Bus transit system in Southern San Diego County

The San Diego MTS bus system is a public transport bus service serving San Diego County, California. It is part of the San Diego Metropolitan Transit System (MTS). The system operates 97 bus routes in San Diego and the rest of the southern half of the county.
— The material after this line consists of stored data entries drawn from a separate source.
-- ===== src/Refine/Steps/Contained.antt =====
-- A refined terminal stays within its terminal polygon.
use package.watershed_delineation.Prelude.{
  ℕ, ◌*◌, ◌≡◌, refl, sym, ap, ap₂, subst, ◌∙◌, ◌⊎◌, ◌↔◌, inl, inr, ⊎_elim, true, false, Bool-cases,
  Option, Option-cases, none, some, ok, returns, returns_inj, length, ==_iff, arith,
}
use package.watershed_delineation.Prelude.Floats.{Floats}
use package.watershed_delineation.Prelude.Calls.{Call, done, fails, ◌>>=◌}
use package.watershed_delineation.Raster.Grid.{GridCoord, GridDims, Inside}
use package.watershed_delineation.Raster.FlowTile
use package.watershed_delineation.Raster.FlowTile.{FlowDirectionTile, raw, masked, dims}
use package.watershed_delineation.Raster.FlowTile.Laws.{get-apply_mask}
use package.watershed_delineation.Raster.AccTile
use package.watershed_delineation.Raster.AccTile.{AccumulationTile, SnapThreshold}
use package.watershed_delineation.Raster.AccTile.Laws.{get_raw-apply_mask}
use package.watershed_delineation.Raster.Tile
use package.watershed_delineation.Raster.Mask.{CatchmentMask, contains, mask_dims, from_traced}
use package.watershed_delineation.Geo.{NativeCoord, GeoTransform, coord_to_pixel_f64}
use package.watershed_delineation.Seed.{
  FlowAccumulationUnits, SnappedPoint, SnapError, is_outside, effective_threshold,
}
use package.watershed_delineation.Seed.Snap.Choice.{snap_pour_point-IsNearest}
use package.watershed_delineation.Trace.{trace_upstream}
use package.watershed_delineation.Trace.Region.{Drains, here, next}
use package.watershed_delineation.Trace.Correct.{trace_upstream-Drains}
use package.watershed_delineation.Refine.{
  RasterOutlet, vector_point, unit_only, RasterSeedKind, raster_ranked, empty_polygonization,
  geographic_km2_unsupported, dimension_mismatch, geo_transform_mismatch, empty_raster_mask,
  RefinementError, RefinementResult, Rasters, any_marked, same_geo, same_dims,
}
use package.watershed_delineation.Refine.Steps.{
  of_snap, guarded_seed, prepared_seed, chosen_seed, refine_masked, refine_terminal,
}
use package.watershed_delineation.Refine.Steps.Guards.{FloorsBelow, guarded_seed-Guarded}

apply_mask-dims :
    {G : Type 0} (t : FlowDirectionTile G raw) (m : CatchmentMask) (t' : FlowDirectionTile G masked)
    → FlowTile.apply_mask t m ≡ ok t'
    → dims t' ≡ dims t
unfolding FlowTile.apply_mask
apply_mask-dims t m t' h = ground (arith, h)

-- A cell whose flow leads to `pour` over masked directions is `pour`, or is in the mask.
Drains-contains :
    {G : Type 0} (t : FlowDirectionTile G raw) (t' : FlowDirectionTile G masked) (m : CatchmentMask)
    (pour p : GridCoord)
    → ((q : GridCoord)
        → Inside (dims t) q
        → ((contains m q ≡ returns true) × (FlowTile.get t' q ≡ FlowTile.get t q))
          ⊎ ((contains m q ≡ returns false) × (FlowTile.get t' q ≡ returns none)))
    → dims t' ≡ dims t
    → contains m pour ≡ returns true
    → Drains t' pour p
    → contains m p ≡ returns true
Drains-contains t t' m pour p reads same marked here = marked
Drains-contains t t' m pour p reads same marked (next i f rest) =
    ⊎_elim (λ h. h.0) (λ h. let flow = f.reads in absurd (cc (h.1, flow)))
      (reads p (subst (λ d. Inside d p) same i))

-- What a seed must have: it is on the tile and in the mask.
abbrev IsSeed : GridDims → CatchmentMask → GridCoord → Type 0
IsSeed d m cell = Inside d cell × (contains m cell ≡ returns true)

module _ {F A Shape L P : Type 0} (fl : Floats F) (fs : Floats A) (rasters : Rasters F A Shape)
    (threshold : SnapThreshold) (units : FlowAccumulationUnits) (epsg : ℕ) (outlet : RasterOutlet F)
    (flow_dir : FlowDirectionTile (GeoTransform F) raw)
    (accumulation : AccumulationTile (GeoTransform F) A raw) where
  -- The refinement fails, or it succeeds with the polygon of a trace that lies in the mask.
  abbrev pub Refined :
      CatchmentMask → Call (RefinementError F A L P) (RefinementResult F A Shape) → Type 0
  Refined mask call =
      ((e : RefinementError F A L P) × (call ≡ fails e))
      ⊎ ((r : RefinementResult F A Shape) × (t' : FlowDirectionTile (GeoTransform F) masked)
          × (trace : CatchmentMask) × (call ≡ done r)
          × (contains mask r.snapped_point.cell ≡ returns true)
          × (FlowTile.apply_mask flow_dir mask ≡ ok t')
          × (trace_upstream t' r.snapped_point.cell ≡ returns trace)
          × (rasters.polygonize trace flow_dir.inner.geo ≡ some r.polygon)
          × ((p : GridCoord)
              → Inside (dims flow_dir) p
              → (contains trace p ≡ returns true) ↔ Drains t' r.snapped_point.cell p)
          × ((p : GridCoord)
              → Inside (dims flow_dir) p
              → contains trace p ≡ returns true
              → contains mask p ≡ returns true))

  module _ (mask : CatchmentMask) (same_mask : mask_dims mask ≡ dims flow_dir)
      (size : length mask.data_vec ≡ mask.rows * mask.cols) where
    guarded_seed-IsSeed :
        (vector : NativeCoord F) (least : A)
        → Tile.IsValid flow_dir.inner
        → Tile.IsValid accumulation.inner
        → AccTile.dims accumulation ≡ dims flow_dir
        → FloorsBelow fl
        → let call =
            guarded_seed {L = L} {P = P} fl fs rasters threshold units epsg vector flow_dir
              accumulation mask least in
          ((e : RefinementError F A L P) × (call ≡ fails e))
          ⊎ ((s : SnappedPoint F A) × (call ≡ done s) × IsSeed (dims flow_dir) mask s.cell)
    guarded_seed-IsSeed vector least vf va same_acc floors =
        elim (guarded_seed-Guarded {L = L} {P = P} fl fs rasters threshold units epsg vector
          flow_dir accumulation mask least vf va same_acc same_mask size floors) [
            | inl (off, e) ↦ inl (_, e)
            | inr (on, i, (inside, decoded, v, flag, seen, read, inl (why, e))) ↦ inl (_, e)
            | inr (on, i, (inside, decoded, v, flag, seen, read, inr (inl (yes_in, why, e)))) ↦
                inl (_, e)
            | inr
                  (
                    on,
                    i,
                    (inside, decoded, v, flag, seen, read, inr (inr (inl (yes_in, d, why, e)))),
                  ) ↦
                inl (_, e)
            | inr
                  (
                    on,
                    i,
                    (
                      inside,
                      decoded,
                      v,
                      flag,
                      seen,
                      read,
                      inr (inr (inr (inl (yes_in, d, n, why, e)))),
                    ),
                  ) ↦
                inl (_, e)
            | inr
                  (
                    on,
                    i,
                    (
                      inside,
                      decoded,
                      v,
                      flag,
                      seen,
                      read,
                      inr (inr (inr (inr (yes_in, d, n, enough, e)))),
                    ),
                  ) ↦
                inr (_, e, (i, flag ∙ ap returns yes_in))
          ]

    prepared_seed-IsSeed :
        (least : A)
        → Tile.IsValid flow_dir.inner
        → Tile.IsValid accumulation.inner
        → AccTile.dims accumulation ≡ dims flow_dir
        → FloorsBelow fl
        → (masked_acc : AccumulationTile (GeoTransform F) A masked) → Tile.IsValid masked_acc.inner
        → AccTile.dims masked_acc ≡ AccTile.dims accumulation
        → ((p : GridCoord)
            → Inside (AccTile.dims accumulation) p
            → ((contains mask p ≡ returns true)
                × (AccTile.get_raw masked_acc p ≡ AccTile.get_raw accumulation p))
              ⊎ ((contains mask p ≡ returns false)
                  × (AccTile.get_raw masked_acc p ≡ returns fs.nan)))
        → fs.is_nan fs.nan ≡ true
        → (o : RasterOutlet F)
        → let seeds =
            prepared_seed {L = L} {P = P} fl fs rasters threshold units epsg o flow_dir accumulation
              mask least in
          let chosen : Option (SnappedPoint F A)
              → Call (RefinementError F A L P) (SnappedPoint F A × RasterSeedKind) =
            λ seed. chosen_seed fl fs rasters threshold units epsg o seed masked_acc in
          ((e : RefinementError F A L P) × (seeds ≡ fails e))
          ⊎ ((seed : Option (SnappedPoint F A)) × (seeds ≡ done seed)
              × (((e : RefinementError F A L P) × (chosen seed ≡ fails e))
                  ⊎ ((s : SnappedPoint F A) × (k : RasterSeedKind) × (chosen seed ≡ done (s, k))
                      × IsSeed (dims flow_dir) mask s.cell)))
    prepared_seed-IsSeed least vf va same_acc floors masked_acc vm same reads nan (vector_point v) =
        elim (guarded_seed-IsSeed v least vf va same_acc floors) [
          | inl (e, h) ↦ inl (e, rw h refl)
          | inr (s, h, seed) ↦ inr (some s, rw h refl, inr (s, _, refl, seed))
        ]
    prepared_seed-IsSeed least vf va same_acc floors masked_acc vm same reads nan
          (unit_only request) =
        let frac = coord_to_pixel_f64 fl masked_acc.inner.geo request in
        let (outside, inside) =
          snap_pour_point-IsNearest fl fs rasters.as_f32 request masked_acc threshold units epsg
            vm in
        let ranked : Call (SnapError F A) (SnappedPoint F A)
            → Call (RefinementError F A L P) (SnappedPoint F A × RasterSeedKind) =
          λ call. of_snap call >>= λ seed. done (seed, raster_ranked) in
        inr (
          none,
          refl,
          elim (Bool-cases (is_outside fl frac (AccTile.dims masked_acc))) [
            | inl off ↦ inl (_, ap ranked (outside off))
            | inr on ↦ elim (inside on) [
              | inl (nowhere, e) ↦ inl (_, ap ranked e)
              | inr (c, (eligible, nearest), e) ↦
                  let i = subst (λ d. Inside d c.cell) same eligible.0 in
                  inr (
                    _,
                    _,
                    ap ranked e,
                    (
                      subst (λ d. Inside d c.cell) same_acc i,
                      ⊎_elim (λ h. h.0)
                          (λ h.
                            let unseen : fs.is_nan c.accumulation ≡ true =
                              subst (λ v. fs.is_nan v ≡ true) (returns_inj (sym h.1 ∙ eligible.1))
                                nan in
                            absurd (ground (arith, unseen, eligible.2)))
                          (reads c.cell i),
                    ),
                  )
            ]
          ],
        )

    -- Steps 4 to 9.
    refine_masked-Refined :
        Tile.IsValid flow_dir.inner
        → Tile.IsValid accumulation.inner
        → AccTile.dims accumulation ≡ dims flow_dir
        → FloorsBelow fl
        → fs.is_nan fs.nan ≡ true
        → Refined mask
            (refine_masked fl fs rasters threshold units epsg outlet flow_dir accumulation mask)
    unfolding refine_masked
    refine_masked-Refined vf va same_acc floors nan =
        let least = effective_threshold fl fs rasters.as_f32 threshold units flow_dir.inner.geo in
        let (t', masks, vt, reads) =
          (get-apply_mask flow_dir mask vf size).0
            (ap (λ d. d.rows) same_mask, ap (λ d. d.cols) same_mask) in
        let (a', masks', va', same', geo', reads') =
          (get_raw-apply_mask fs accumulation mask va size).0 (
            ap (λ d. d.rows) (same_mask ∙ sym same_acc),
            ap (λ d. d.cols) (same_mask ∙ sym same_acc),
          ) in
        let kept : dims t' ≡ dims flow_dir = apply_mask-dims flow_dir mask t' masks in
        elim (prepared_seed-IsSeed least vf va same_acc floors a' va' same' reads' nan outlet) [
          | inl (e, h) ↦ inl (e, rw h refl)
          | inr (seed, h, inl (e, k)) ↦ inl (e, rw (h, masks, masks', k) refl)
          | inr (seed, h, inr (s, kind, k, (i, marked))) ↦
              let (trace, e, extent, drains) =
                trace_upstream-Drains t' s.cell vt (subst (λ d. Inside d s.cell) (sym kept) i) in
              elim (Option-cases (rasters.polygonize trace flow_dir.inner.geo)) [
                | inl shapeless ↦
                    inl (empty_polygonization, rw (h, masks, masks', k, e, shapeless) refl)
                | inr (polygon, shaped) ↦ inr (
                  record { snapped_point = s; seed_kind = kind; polygon = polygon },
                  t',
                  trace,
                  rw (h, masks, masks', k, e, shaped) refl,
                  marked,
                  masks,
                  e,
                  shaped,
                  λ p ip. drains p (subst (λ d. Inside d p) (sym kept) ip),
                  λ p ip c.
                      Drains-contains flow_dir t' mask s.cell p reads kept marked
                        ((drains p (subst (λ d. Inside d p) (sym kept) ip)).0 c),
                )
              ]
        ]

  -- For valid tiles and a rasterization of their extent: the refinement fails, or it succeeds with the polygon of
  -- a trace that lies in the rasterized terminal polygon.
  pub refine_terminal-Refined :
      (terminal_polygon : Shape)
      → Tile.IsValid flow_dir.inner
      → Tile.IsValid accumulation.inner
      → length (rasters.rasterize_multi_polygon terminal_polygon flow_dir.inner.geo (dims flow_dir))
        ≡ flow_dir.inner.rows * flow_dir.inner.cols
      → FloorsBelow fl
      → fs.is_nan fs.nan ≡ true
      → let flags =
          rasters.rasterize_multi_polygon terminal_polygon flow_dir.inner.geo (dims flow_dir) in
        Refined
          (record { data_vec = flags; rows = flow_dir.inner.rows; cols = flow_dir.inner.cols })
          (refine_terminal fl fs rasters threshold units epsg terminal_polygon outlet flow_dir
            accumulation)
  unfolding refine_terminal from_traced
  refine_terminal-Refined terminal_polygon vf va size floors nan =
      let d = dims flow_dir in
      let flags = rasters.rasterize_multi_polygon terminal_polygon flow_dir.inner.geo d in
      let fits = (==_iff (length flags) (d.rows * d.cols)).1 size in
      elim (Bool-cases (rasters.d8_pair_is_compatible epsg units)) [
        | inr other ↦ inl (geographic_km2_unsupported epsg units, rw other refl)
        | inl pair ↦ elim (Bool-cases (same_dims d (AccTile.dims accumulation))) [
          | inr other ↦ inl (
            dimension_mismatch d.rows d.cols accumulation.inner.rows accumulation.inner.cols,
            rw (pair, other) refl,
          )
          | inl same ↦ elim (Bool-cases (same_geo fl flow_dir.inner.geo accumulation.inner.geo)) [
            | inr other ↦ inl (geo_transform_mismatch d.rows d.cols, rw (pair, same, other) refl)
            | inl here_too ↦ elim (Bool-cases (any_marked flags)) [
              | inr nothing ↦
                  inl (empty_raster_mask d.rows d.cols, rw (pair, same, here_too, nothing) refl)
              | inl something ↦
                  rw (pair, same, here_too, something, fits)
                    (refine_masked-Refined
                      (record { data_vec = flags; rows = d.rows; cols = d.cols }) refl size vf va
                      (same_dims_eq d (AccTile.dims accumulation) same) floors nan)
            ]
          ]
        ]
      ]
    where
      same_dims_eq : (d e : GridDims) → same_dims d e ≡ true → e ≡ d
      same_dims_eq d e h =
          ap₂ (λ r c. record { rows = r; cols = c }) (ground (arith, h)) (ground (arith, h))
There are 85 "MTS Bus" fixed-route services, 9 "Rapid" bus rapid transit routes, and the "MTS Access" paratransit service.

Routes are operated by private contractors and by the San Diego Transit Corporation (SDTC), a subsidiary of MTS. SDTC operates 27 routes based out of downtown San Diego (Imperial Avenue Division), Transdev operates 74 routes based out of Chula Vista (South Bay Division) and El Cajon (East County Division), and operates the "MTS Access" paratransit service that are operated with mini-buses based out of Kearny Mesa (Copley Park Division).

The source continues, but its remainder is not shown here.